On December 1, 2021, it was announced that both seasons of the anime will receive an English dub produced by Ascendent Animation.

====My Childhood Friend is a Firefighter====

| No. overall | No. in season | Title | Directed by | Written by | Storyboarded by | Original release date |
|---|---|---|---|---|---|---|
| 1 | 1 | "Tonight, Wanna Stay at... My Place?" Transliteration: "Kon'ya, Orenchi... Kuru?" (Japanese: 今夜、俺んち…来る？) | Toshihiro Watase | Tombo | Toshihiro Watase | July 8, 2019 |
| 2 | 2 | "I'm Only Taking a Shower... but it Feels Good?" Transliteration: "Shawā Shiteru Dake na no ni... Kimochi i?" (Japanese: シャワーしてるだけなのに…きもちい？) | Rei Ishikura | Tombo | Rei Ishikura | July 15, 2019 |
| 3 | 3 | "I Won't Stop Until You Tell Me What You're Hiding." Transliteration: "Omae ga Kakushi Goto Hanasu Made, Yamenē." (Japanese: おまえが隠しごと話すまで、止めねぇ。) | Toshihiro Watase | Tombo | Toshihiro Watase | July 22, 2019 |
| 4 | 4 | "How Can I Hold Back When You're Showing Off Such a Sexy Yukata." Transliteration: "Sonna Iroppoi Yukata Sugata Miserarete, Gaman Dekiru ka yo." (Japanese: そんな色っぽい浴衣姿見せられて、我慢できるかよ。) | Toshihiro Watase | Tombo | Toshihiro Watase | July 29, 2019 |
| 5 | 5 | "I Can't Stay Quiet When You're Calling Out to Other Guys......." Transliteration: "Hoka no Otoko ga Koe Kakeru no, Damatte Mitenakya Ikenai Nante......." (Japanese: 他の男が声掛けるの、黙って見てなきゃいけないなんて……。) | Rei Ishikura | Tombo | Rei Ishikura | August 5, 2019 |
| 6 | 6 | "No One's Coming to the Pool at Night...... Right?" Transliteration: "Yoru no Pūru Nante, Dare mo Konai...... Daro?" (Japanese: 夜のプールなんて、誰も来ない……だろ？) | Rei Ishikura | Tombo | Rei Ishikura | August 12, 2019 |
| 7 | 7 | "I'll Definitely Save You." Transliteration: "Zettai ni Tasukeru Kara." (Japanese: 絶対に助けるから。) | Toshihiro Watase | Tombo | Toshihiro Watase | August 26, 2019 |
| 8 | 8 | "Now, Look at Only Me." Transliteration: "Ima wa Ore no Koto Dake Mitero." (Japanese: 今は俺のことだけ見てろ。) | Toshihiro Watase | Tombo | Toshihiro Watase | September 1, 2019 |

====My Boyfriend is a Firefighter====

| No. overall | No. in season | Title | Directed by | Written by | Storyboarded by | Original release date |
|---|---|---|---|---|---|---|
| 9 | 1 | "Happy, Birthday." Transliteration: "Tanjōbi, Omedetō." (Japanese: 誕生日、おめでとう。) | Toshihiro Watase | Eeyo Kurosaki | Toshihiro Watase | July 5, 2021 |
| 10 | 2 | "Therefore, Charge Ryo Firmly." Transliteration: "Da Kara, Shikkari Ryō o Jūden Shitoku." (Japanese: だから、しっかり涼を充電しとく。) | Toshihiro Watase | Eeyo Kurosaki | Toshihiro Watase | July 12, 2021 |
| 11 | 3 | "I Want a Reward for my Hard Work, Right Now." Transliteration: "Ganbatta Gohōbi ga Hoshii, Ima Sugu." (Japanese: 頑張ったご褒美がほしい、今すぐ。
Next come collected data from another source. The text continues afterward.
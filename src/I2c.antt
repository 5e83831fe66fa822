-- ===== src/I2c.antt =====
-- The I2C controller: include/drivers/i2c/i2c_controller.hpp, src/drivers/i2c/i2c_controller.cpp. The
-- devices stand beside it as a function of their identity; a pointer to one is an identity, or none
-- for `nullptr`. A device is anything that has the operations of `I2cDevice`, which do not throw.
pub mod Device
pub mod Devices
pub mod Status
pub mod Transactions
mod Tests
use embedded_firmware_simula.Prelude.{
  ℕ, ◌%◌, ◌^◌, Bool, true, false, not, ◌&&◌, ◌||◌, List, [], ◌∷◌, ◌++◌, Option, none, some, ◌==◌,
  if◌then◌else◌, Outcome, ok, throws, require, runtime_error, underflow_error, ◌>>=◌, ◌>>◌, bit_or,
  is_empty, update,
}
use embedded_firmware_simula.Prelude.Bits.{set_bit, clear_bit, test_bit}
use embedded_firmware_simula.Prelude.Members.{has, without}
use embedded_firmware_simula.Mmio.Register.{Register}
use embedded_firmware_simula.Mmio.Register
use embedded_firmware_simula.Mmio.Bus.{MmioBus, at_offset, construct, unregister_all}
use embedded_firmware_simula.I2c.Device.{I2cDevice}

pub record I2cController : Type 0 where
  pub base_address : ℕ
  pub data_register : Register
  pub status_register : Register
  pub control_register : Register
  pub addr_register : Register
  pub attached : List ℕ
  pub active_device : Option ℕ
  pub rx_buffer : List ℕ
  pub is_busy : Bool
  pub acknowledged : Bool
  pub is_read_mode : Bool

-- A controller and the devices that may be attached to it.
pub record I2cWorld (V : Type 0) : Type 0 where
  pub i2c : I2cController
  pub devices : ℕ → V

pub data Port : Type 0 where
  data_port status_port control_port addr_port : Port

unfoldable pub data_address : ℕ → ℕ
data_address base = at_offset base 0x00

unfoldable pub status_address : ℕ → ℕ
status_address base = at_offset base 0x04

unfoldable pub control_address : ℕ → ℕ
control_address base = at_offset base 0x08

unfoldable pub slave_addr_address : ℕ → ℕ
slave_addr_address base = at_offset base 0x0c

unfoldable pub enabled : I2cController → Bool
unfolding Register.read
enabled c = test_bit (Register.read c.control_register) 0

unfoldable pub has_data : I2cController → Bool
has_data c = not (is_empty c.rx_buffer)

-- `m_addrRegister->read() & 0x7F`
unfoldable pub slave_address : I2cController → ℕ
unfolding Register.read
slave_address c = Register.read c.addr_register % 2 ^ 7

unfoldable pub busy : I2cController → Bool
busy c = c.is_busy

unfoldable pub last_ack : I2cController → Bool
last_ack c = c.acknowledged

-- The value that `updateStatusRegister` computes.
abbrev pub status_value : Bool → Bool → Bool → Bool → ℕ
status_value on active rx_empty ack =
    let s0 : ℕ = if on then bit_or 0 1 else 0 in
    let s1 : ℕ = if active then bit_or s0 2 else s0 in
    let s2 : ℕ = if not rx_empty then bit_or s1 4 else s1 in
    if not ack && active then bit_or s2 8 else s2

unfoldable pub update_status_register : I2cController → I2cController
unfolding Register.write
update_status_register c = record c {
  status_register =
      Register.write c.status_register
        (status_value (enabled c) c.is_busy (is_empty c.rx_buffer) c.acknowledged);
}

abbrev pub created : ℕ → ℕ → I2cController
created base address = record {
  base_address = base;
  data_register = Register.new (data_address base) 0;
  status_register = Register.new (status_address base) 0;
  control_register = Register.new (control_address base) 0;
  addr_register = Register.new (slave_addr_address base) (address % 2 ^ 7);
  attached = [];
  active_device = none;
  rx_buffer = [];
  is_busy = false;
  acknowledged = false;
  is_read_mode = false;
}

abbrev pub entries : {R : Type 0} → (Port → R) → ℕ → List (ℕ × R)
entries ref base =
    (data_address base, ref data_port)
    ∷ (status_address base, ref status_port)
    ∷ (control_address base, ref control_port)
    ∷ (slave_addr_address base, ref addr_port)
    ∷ []

unfoldable pub new :
    {R : Type 0} → (Port → R) → MmioBus R → ℕ → ℕ → MmioBus R × Outcome I2cController
unfolding construct Register.new
new ref bus base address =
    construct bus (entries ref base) (update_status_register (created base address))

unfoldable pub destroy : {R : Type 0} → MmioBus R → I2cController → MmioBus R
destroy bus c = unregister_all bus (
    data_address c.base_address
    ∷ status_address c.base_address
    ∷ control_address c.base_address
    ∷ slave_addr_address c.base_address
    ∷ [])

unfoldable pub enable : I2cController → I2cController
unfolding Register.read Register.write
enable c = update_status_register (record c {
  control_register =
      Register.write c.control_register (set_bit (Register.read c.control_register) 0);
})

unfoldable pub disable : I2cController → I2cController
unfolding Register.read Register.write
disable c = update_status_register (record c {
  control_register =
      Register.write c.control_register (clear_bit (Register.read c.control_register) 0);
  is_busy = false;
  active_device = none;
})

unfoldable pub set_slave_address : I2cController → ℕ → I2cController
unfolding Register.write
set_slave_address c address = record c {
  addr_register = Register.write c.addr_register (address % 2 ^ 7);
}

unfoldable pub attach_device : I2cController → Option ℕ → I2cController
attach_device c none = c
attach_device c (some d) =
    if has c.attached d then c else record c { attached = c.attached ++ d ∷ [] }

-- `m_activeDevice == device`
abbrev pub is_device : Option ℕ → ℕ → Bool
is_device none d = false
is_device (some a) d = a == d

unfoldable pub detach_device : I2cController → Option ℕ → I2cController
detach_device c none = c
detach_device c (some d) = record c {
  attached = without c.attached d;
  active_device = if is_device c.active_device d then none else c.active_device;
}

unfoldable pub reset : I2cController → I2cController
unfolding Register.reset
reset c =
    let off = disable c in
    update_status_register (record off {
      attached = [];
      active_device = none;
      rx_buffer = [];
      data_register = Register.reset off.data_register;
      control_register = Register.reset off.control_register;
      addr_register = Register.reset off.addr_register;
      is_busy = false;
      acknowledged = false;
    })

module _ {V : Type 0} (device : I2cDevice V) where
  -- The first attached device with the address.
  abbrev pub find : (ℕ → V) → List ℕ → ℕ → Option ℕ
  find devices [] target = none
  find devices (d ∷ ds) target =
      if device.address (devices d) == target then some d else find devices ds target

  -- The part of `start` that asks the device found.
  abbrev pub address_device : I2cWorld V → Bool → Option ℕ → I2cWorld V × Bool
  address_device w is_read none = (
    record w {
      i2c = update_status_register (record w.i2c { acknowledged = false; active_device = none });
    },
    false,
  )
  address_device w is_read (some d) =
      let (v, ack) = device.on_start (w.devices d) is_read in
      (
        record {
          i2c =
              update_status_register
                (record w.i2c { acknowledged = ack; active_device = if ack then some d else none });
          devices = update w.devices d v;
        },
        ack,
      )

  unfoldable pub start : I2cWorld V → Bool → Outcome (I2cWorld V × Bool)
  start w is_read = do
    require (enabled w.i2c) runtime_error
    ok (
        address_device (record w { i2c = record w.i2c { is_busy = true; is_read_mode = is_read } })
          is_read (find w.devices w.i2c.attached (slave_address w.i2c)))

  -- `onStop()` on the active device.
  abbrev pub stop_device : Option ℕ → (ℕ → V) → ℕ → V
  stop_device none devices = devices
  stop_device (some d) devices = update devices d (device.on_stop (devices d))

  unfoldable pub stop : I2cWorld V → I2cWorld V
  stop w = record {
    i2c = update_status_register (record w.i2c { active_device = none; is_busy = false });
    devices = stop_device w.i2c.active_device w.devices;
  }

  -- `onWrite(byte)` on the active device.
  abbrev pub write_device : Option ℕ → (ℕ → V) → ℕ → (ℕ → V) × Bool
  write_device none devices byte = (devices, false)
  write_device (some d) devices byte =
      let (v, ack) = device.on_write (devices d) byte in (update devices d v, ack)

  -- `writeByte` past its checks.
  abbrev pub written : I2cWorld V → ℕ → I2cWorld V × Bool
  written w byte =
      let (devices, ack) = write_device w.i2c.active_device w.devices byte in
      (
        record {
          i2c = update_status_register (record w.i2c {
            acknowledged = ack;
            data_register = Register.write w.i2c.data_register byte;
          });
          devices = devices;
        },
        ack,
      )

  unfoldable pub write_byte : I2cWorld V → ℕ → Outcome (I2cWorld V × Bool)
  unfolding Register.write
  write_byte w byte = do
    require (enabled w.i2c) runtime_error
    require w.i2c.is_busy runtime_error
    ok (written w byte)

  -- The part of `readByte` that asks a device.
  abbrev pub asked : I2cWorld V → ℕ → I2cWorld V × ℕ
  asked w d =
      let (v, byte) = device.on_read (w.devices d) in
      (
        record {
          i2c =
              update_status_register
                (record w.i2c { data_register = Register.write w.i2c.data_register byte });
          devices = update w.devices d v;
        },
        byte,
      )

  abbrev pub read_device : I2cWorld V → Bool → Option ℕ → Outcome (I2cWorld V × ℕ)
  read_device w false active = throws underflow_error
  read_device w true none = throws underflow_error
  read_device w true (some d) = ok (asked w d)

  abbrev pub take_rx : I2cWorld V → List ℕ → Outcome (I2cWorld V × ℕ)
  take_rx w [] = read_device w w.i2c.is_busy w.i2c.active_device
  take_rx w (byte ∷ rest) =
      ok (record w { i2c = update_status_register (record w.i2c { rx_buffer = rest }) }, byte)

  unfoldable pub read_byte : I2cWorld V → Outcome (I2cWorld V × ℕ)
  unfolding Register.write
  read_byte w = do require (enabled w.i2c) runtime_error; take_rx w w.i2c.rx_buffer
) | Ryū Motoyama | Eeyo Kurosaki | Kana Kawana | July 19, 2021 |
| 12 | 4 | "You Can Just Call me As It Is." Transliteration: "Sonomama Denwa Shite Ii yo." (Japanese: そのまま電話していいよ。) | Ryū Motoyama | Eeyo Kurosaki | Kana Kawana | July 26, 2021 |
| 13 | 5 | "It's My Girlfriend. I'll Never Let Her Go." Transliteration: "Ore no Kanojo da. Zettai ni Watasanē." (Japanese: 俺の彼女だ。絶対に渡さねえ。) | Ryū Motoyama | Eeyo Kurosaki | Kana Kawana | August 2, 2021 |
| 14 | 6 | "How Much Do You Like It, Tell me With a Kiss." Transliteration: "Dorekurai Suki ka, Kisu de Oshiete." (Japanese: どれくらい好きか、キスで教えて。) | Ryū Motoyama | Eeyo Kurosaki | Toshihiro Watase | August 9, 2021 |
| 15 | 7 | "I Want to Hear it Once Again. You Will Regret Not Saying it." Transliteration: "Mō Ikkai kikitai. Iwanai to Kōkaisaseru." (Japanese: もう一回聞きたい。言わないと後悔させる。) | Toshihiro Watase | Eeyo Kurosaki | Toshihiro Watase | August 16, 2021 |
| 16 | 8 | "I Used To Be a Childhood Friend Back Then, But Now I'm a Boyfriend." Transliteration: "Ano Koro wa Osananajimi Datta Kedo, Ima wa Koibitotte Koto ga." (Japanese: あの頃は幼馴染だったけど、今は恋人ってことが。) | Toshihiro Watase | Eeyo Kurosaki | Toshihiro Watase | August 23, 2021 |

==Reception==

Rebecca Silverman from Anime News Network felt that the first volume was a "fun contemporary romance" for adult women aside from yaoi manga and claimed Ryo was a strong female lead; however, she also warned that there were some non-consensual scenes.